Tidely is designed for enterprise scale. It operates heavily via vectorized operations backed by `pandas` and `polars`. 

During internal benchmarking, Tidely processed 10,000,000 rows across mixed-types in **under 26 seconds**, safely shrinking the DataFrame from 591 MB down to 85 MB without corrupting type definitions.

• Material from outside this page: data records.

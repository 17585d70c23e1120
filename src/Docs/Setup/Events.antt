-- ===== src/Docs/Setup/Events.antt =====
-- What happens to the page of docs/js/app.js that `window.__app` sets up: the script runs, the document
-- is read, a page is shown, the frame of the list loads, and the timer of `navExpander` goes off.
use oauth.Prelude.{
  ℕ, zero, suc, List, [], ◌∷◌, ◌++◌, Bool, true, false, Option, none, some, Bytes, ◌==◌,
  if◌then◌else◌, map,
}
use oauth.Docs.Setup.{Link, Setup, message_navigate, bind_once, clear_timer, bind_link, set_up, app}

-- The end of the script.
unfoldable pub run_script : Setup → Setup
unfolding app bind_once
run_script s =
    let called = app true s in
    record called {
      window_listeners =
          bind_once called.navigation_listener_bound (message_navigate ∷ [])
            called.window_listeners;
      navigation_listener_bound = true;
    }

unfoldable pub run_waiting : List Bool → Setup → Setup
run_waiting [] s = s
run_waiting (rehydrate_nav ∷ waiting) s = run_waiting waiting (set_up rehydrate_nav s)

-- DOMContentLoaded.
unfoldable pub content_loaded : Setup → Setup
unfolding run_waiting
content_loaded s = run_waiting s.waiting (record s { loading = false; waiting = [] })

-- `expandNavPath`, which posts nothing for null or without the frame.
unfoldable pub expand_nav_path : Option (Option Bytes) → Setup → Setup
expand_nav_path (some (some path)) s =
    if s.has_frame then record s { posted = s.posted ++ path ∷ [] } else s
expand_nav_path _ s = s

-- `postMessage` of `navExpander`, which has captured a token.
unfoldable pub post_message : ℕ → Setup → Setup
unfolding expand_nav_path
post_message token s = if token == s.nav_expander_token then expand_nav_path s.path_id s else s

unfoldable pub post_all : List ℕ → Setup → Setup
unfolding post_message
post_all [] s = s
post_all (token ∷ tokens) s = post_all tokens (post_message token s)

-- The frame has loaded: its listeners are called in turn, each once.
unfoldable pub load_frame : Setup → Setup
unfolding post_all
load_frame s = post_all s.frame_listeners (record s { frame_listeners = [] })

unfoldable pub fire_with : Option ℕ → Setup → Setup
unfolding post_message
fire_with none s = s
fire_with (some token) s = post_message token s

unfoldable pub token_of : ℕ → List (ℕ × ℕ) → Option ℕ
token_of id [] = none
token_of id ((other, token) ∷ timers) =
    let rest = token_of id timers in if other == id then some token else rest

-- A timer goes off, if it is pending.
unfoldable pub fire : ℕ → Setup → Setup
unfolding fire_with token_of clear_timer
fire id s = fire_with (token_of id s.timers) (record s { timers = clear_timer (some id) s.timers })

-- The links of the page that the loader frame has loaded, where the script has run on them already.
unfoldable pub loaded_links : ℕ → List Link
unfolding bind_link
loaded_links zero = []
loaded_links (suc n) = bind_link (record { bound = false; click_listeners = 0 }) ∷ loaded_links n

-- `innerHTML` takes over the attributes of elements, and none of their listeners.
unfoldable pub copy_link : Link → Link
copy_link l = record l { click_listeners = 0 }

unfoldable pub new_links : ℕ → List Link
unfolding copy_link loaded_links
new_links n = map copy_link (loaded_links n)

unfoldable pub over_path : Option (Option Bytes) → Option (Option Bytes) → Option (Option Bytes)
over_path none old = old
over_path (some new) old = some new

unfoldable pub sync_nav : Bool → Setup → Setup
unfolding expand_nav_path
sync_nav true s = expand_nav_path s.path_id s
sync_nav false s = s

-- `completeNavigation`, from the new main element, with a number of links, to the message for the
-- list.
unfoldable pub show_main : ℕ → Option (Option Bytes) → Bool → Setup → Setup
unfolding app new_links over_path sync_nav
show_main links path_id sync s =
    sync_nav sync
      (app false (record s { links = new_links links; path_id = over_path path_id s.path_id }))

-- The script runs (again), the document has been read, a page is shown, the frame has loaded, and a
-- timer goes off.
pub data Event : Type 0 where
  script : Event
  content_read : Event
  show : ℕ → Option (Option Bytes) → Bool → Event
  loaded : Event
  fired : ℕ → Event

unfoldable pub step : Event → Setup → Setup
unfolding run_script content_loaded show_main load_frame fire
step script s = run_script s
step content_read s = content_loaded s
step (show links path_id sync) s = show_main links path_id sync s
step loaded s = load_frame s
step (fired id) s = fire id s

unfoldable pub run : List Event → Setup → Setup
unfolding step
run [] s = s
run (e ∷ events) s = run events (step e s)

We rely purely on algorithmic inference—no slow machine learning heuristics or network latency.

---

## 🛡️ Validation Summary (Public Beta)

Tidely v1.0 has completed an extensive internal validation campaign covering more than twenty real-world datasets across healthcare, finance, retail, manufacturing, government, environmental science, e-commerce, and enterprise Excel workflows.

The library has also passed property-based testing (Hypothesis), fuzz testing, large-scale stress testing up to 10 million rows, API stability checks, and cross-version compatibility testing. 

Based on these results, Tidely is now entering **Public Beta**, where broader community feedback will continue to strengthen its reliability.

---

## 📚 Documentation

Detailed documentation is available in the `docs/` directory:
- [Introduction & Philosophy](docs/introduction.md)
- [Installation Guide](docs/installation.md)
- [Cleaning Guide](docs/cleaning_guide.md)
- [Semantic Detection Engine](docs/semantic_detection.md)
- [Memory & Performance](docs/performance.md)
- [Validation Guide](docs/validation_guide.md)
- [FAQ](docs/faq.md)

---

## 🛣️ Roadmap
- Multi-threaded processing for CSV batch-cleaning.
- Out-of-core chunked processing for data exceeding local RAM.
- Geographic coordinate standardization (Lat/Lon).
- Enhanced HTML extraction capabilities.

---

## 🤝 Contributing

Tidely is an open-source project and community contributions are highly welcome. Please review our [CONTRIBUTING.md](CONTRIBUTING.md) and [CODE_OF_CONDUCT.md](CODE_OF_CONDUCT.md) before submitting pull requests.

## License

Tidely is released under the [MIT License](LICENSE).